Menggunakan Kata Keterangan Waktu Dengan Lebih Teliti

A: “Eh ayo cepetan berangkat!”

B: “Aduh, tunggu kek. Bentar lagi.”

Dialog di atas yang serupa sering kita gunakan sehari-hari ketika kita meminta seseorang untuk menunggu. Namun seringnya, apa yang kita katakan tidak sesuai dengan pengertiannya. Saat kita mengatakan kata sebentar, sebenarnya berapa menitkah tepatnya sebentar yang dimaksud?
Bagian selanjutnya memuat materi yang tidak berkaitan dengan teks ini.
-- ===== src/Edge/Pool/Invariant/Marks.antt =====
-- What the edge tells of a target keeps the invariant (`Mark` of internal/edge/pool.go).
use caramelo.Common.{
  ℕ, suc, inl, inr, true, false, none, arith, Bool-cases, Option-cases, ◌==◌, nat_eq, if◌then◌else◌,
}
use caramelo.Edge.{draining, state_eq, valid_state}
use caramelo.Edge.Pool.State.{Tracked, RoutePool, find}
use caramelo.Edge.Pool.Requests.{
  Mark, MarkKind, start, done, fail, state, other, mark, mark_kind, mark_start, mark_done,
  mark_fail, mark_state, moved, release, write_back, any_conn,
}
use caramelo.Edge.Pool.Invariant.{
  IsSettled, PoolInv, All-find, release-IsSettled, write_back-PoolInv, put-PoolInv,
  opened-IsSettled, each-suc, after_mark,
}

module _ (p : RoutePool) (ts : Tracked) (v : PoolInv p) (h : IsSettled p.seq ts) where
  released : (id at replica : ℕ) → PoolInv (write_back p replica (release p.host id at ts)).pool
  released id at replica =
      write_back-PoolInv p replica (release p.host id at ts) v
        (release-IsSettled p.host id at p.seq ts h)

  mark_done-PoolInv : (at replica : ℕ) → PoolInv (mark_done at p replica ts).pool
  unfolding mark_done
  mark_done-PoolInv at replica = elim (Option-cases (any_conn false ts.conns)) [
    | inr (id, e) ↦ rw (e, mark_done) (released id at replica)
    | inl e ↦ elim (Option-cases (any_conn true ts.conns)) [
      | inr (id, e') ↦ rw (e, mark_done) (rw (e', mark_done) (released id at replica))
      | inl e' ↦ rw (e, mark_done) (rw (e', mark_done) v)
    ]
  ]

  moved-IsSettled : (at : ℕ) (m : Mark) → IsSettled p.seq (moved at m ts)
  unfolding moved
  moved-IsSettled at m = record {
    settled = λ e z. ground (arith, state_eq.same_iff m.state draining);
    numbered = h.numbered;
  }

  mark_state-PoolInv : (at : ℕ) (m : Mark) → PoolInv (after_mark p (mark_state at m p ts))
  unfolding mark_state
  mark_state-PoolInv at m = elim (Bool-cases (valid_state m.state)) [
    | inr bad ↦ rw (bad, mark_state) v
    | inl good ↦ elim (Bool-cases (ts.t.state == m.state)) [
      | inl same ↦ rw (good, mark_state) (rw same v)
      | inr new ↦
          rw (good, mark_state)
            (rw new (
              put-PoolInv p m.replica p.seq (moved at m ts) v (omega arith) (moved-IsSettled at m)
                v.each))
    ]
  ]

  mark_kind-PoolInv :
      (k : MarkKind) (at : ℕ) (m : Mark) → PoolInv (after_mark p (mark_kind k at m p ts))
  unfolding mark_kind mark_start mark_fail
  mark_kind-PoolInv start at m =
      put-PoolInv p m.replica (suc p.seq) _ v (omega arith) (opened-IsSettled p.seq none ts h)
        (each-suc p v)
  mark_kind-PoolInv done at m = mark_done-PoolInv at m.replica
  mark_kind-PoolInv fail at m =
      put-PoolInv p m.replica p.seq _ v (omega arith)
        (record { settled = h.settled; numbered = h.numbered }) v.each
  mark_kind-PoolInv state at m = mark_state-PoolInv at m
  mark_kind-PoolInv (other s) at m = v

pub mark-PoolInv :
    (now : ℕ) (m : Mark) (p : RoutePool) → PoolInv p → PoolInv (after_mark p (mark now m p))
unfolding mark
mark-PoolInv now m p v = elim (Option-cases (find m.replica p.targets)) [
  | inl e ↦ rw (e, mark) v
  | inr (ts, e) ↦
      rw (e, mark)
        (mark_kind-PoolInv p ts v (All-find (IsSettled p.seq) m.replica p.targets ts v.each e)
          m.kind (if m.at == 0 then now else m.at) m)
]
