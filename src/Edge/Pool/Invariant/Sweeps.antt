-- ===== src/Edge/Pool/Invariant/Sweeps.antt =====
-- The sweep and the pick keep the invariant (internal/edge/pool.go).
use native.Mathlib.Nat.{mod-lt}
use native.Mathlib.Decide.{dec_lt}
use caramelo.Common.{
  ℕ, suc, ◌+◌, ◌<◌, ◌≡◌, refl, ap, inl, inr, List, [], ◌∷◌, Option, none, some, arith, length, All,
  Bool-cases, nat_eq,
}
use caramelo.Edge.{state_eq}
use caramelo.Edge.Pool.State.{Tracked, RoutePool}
use caramelo.Edge.Pool.Requests.{sweep, sweep_targets, overdue, cut}
use caramelo.Edge.Pool.Pick.{pick, picked, pick_loop}
use caramelo.Edge.Pool.Invariant.{IsSettled, PoolInv}

module _ (p : RoutePool) (v : PoolInv p) where
  sweep_targets-each :
      (drain now : ℕ) (tss : List Tracked)
      → All (IsSettled p.seq) tss
      → All (IsSettled p.seq) (sweep_targets drain now tss)
  unfolding sweep_targets cut
  sweep_targets-each drain now [] a = tt
  sweep_targets-each drain now (ts ∷ tss) a = elim (Bool-cases (overdue drain now ts)) [
    | inl late ↦
        rw late
          (record { settled = λ _ _. refl; numbered = tt }, sweep_targets-each drain now tss a.1)
    | inr keep ↦ rw keep (a.0, sweep_targets-each drain now tss a.1)
  ]

  length-sweep_targets :
      (drain now : ℕ) (tss : List Tracked) → length (sweep_targets drain now tss) ≡ length tss
  unfolding sweep_targets
  length-sweep_targets drain now [] = refl
  length-sweep_targets drain now (ts ∷ tss) = ap suc (length-sweep_targets drain now tss)

  pub sweep-PoolInv : (now : ℕ) → PoolInv (sweep now p).pool
  unfolding sweep
  sweep-PoolInv now = record {
    each = sweep_targets-each p.drain now p.targets v.each;
    drain_pos = v.drain_pos;
    pointer = ground (arith, v.pointer, length-sweep_targets p.drain now p.targets);
    few_marks = v.few_marks;
  }

  picked-PoolInv : (r : Option (ℕ × Tracked)) → 0 < length p.targets → PoolInv (picked p r).0
  unfolding picked
  picked-PoolInv none some_target = v
  picked-PoolInv (some (idx, ts)) some_target = record {
    each = v.each;
    drain_pos = v.drain_pos;
    pointer = inl (mod-lt (idx + 1) some_target);
    few_marks = v.few_marks;
  }

  pub pick-PoolInv : (skip : List ℕ) (now : ℕ) → PoolInv (pick skip now p).0
  unfolding pick pick_loop picked
  pick-PoolInv skip now = elim (dec_lt 0 (length p.targets)) [
    | yes h ↦ picked-PoolInv _ h
    | no h ↦ (let e : length p.targets ≡ 0 = omega arith in rw e v)
  ]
Dalam keadaan yang lain, kadang kita suka bertemu dengan situasi yang berbeda. Misalnya:

A: “Eh, aku tinggal duluan ya.”

B: “Aduh, tunggu dulu. Gak lama kok..”

Nah, berapa menit sebenarnya yang disebut lama? Dalam kasus tertentu bahkan ada yang lebih membingungkan lagi. Seperti:

A: “Nanti di sana lama gak?”

B: “Ngg.. Yah, lumayan lama sih..”

Bagaimana pula dengan definisi rentang waktu lumayan lama?

Oke, karena ke-simpang siur-an penggunaan istilah ini, saya ingin mencoba memberikan definisi waktu yang lebih teliti untuk perkara ini. Kalau menurut saya ini penting untuk kita definisikan, supaya kita lebih berhati-hati saat menggunakan kata keterangan waktu. Manfaatnya, tentu saja supaya pertengkaran terhadap selisih waktu menjadi berkurang, dan penggunaan waktu dapat dibuat lebih efisien. Hal ini dilakukan mengingat bahwa rasanya dalam 1 hari itu 24 jam tak lagi cukup.

Ini adalah definisi yang saya miliki untuk beberapa kasus rentang waktu di atas:

  • Sebentar, berarti kurang dari 10 menit.
  • Lama, berarti lebih atau sama dengan 1 jam.
  • Agak lama, berarti adalah sekitar 50 – 75% dari definisi lama, yaitu antara 30 – 45 menit.
  • Lumayan lama, berarti.. hmm, sebaiknya hindari. Definisi lumayan saja itu kurang jelas maknanya kalau menurut saya.

Dalam kasus yang lebih kompleks, ada juga kadang-kadang dialog seperti ini.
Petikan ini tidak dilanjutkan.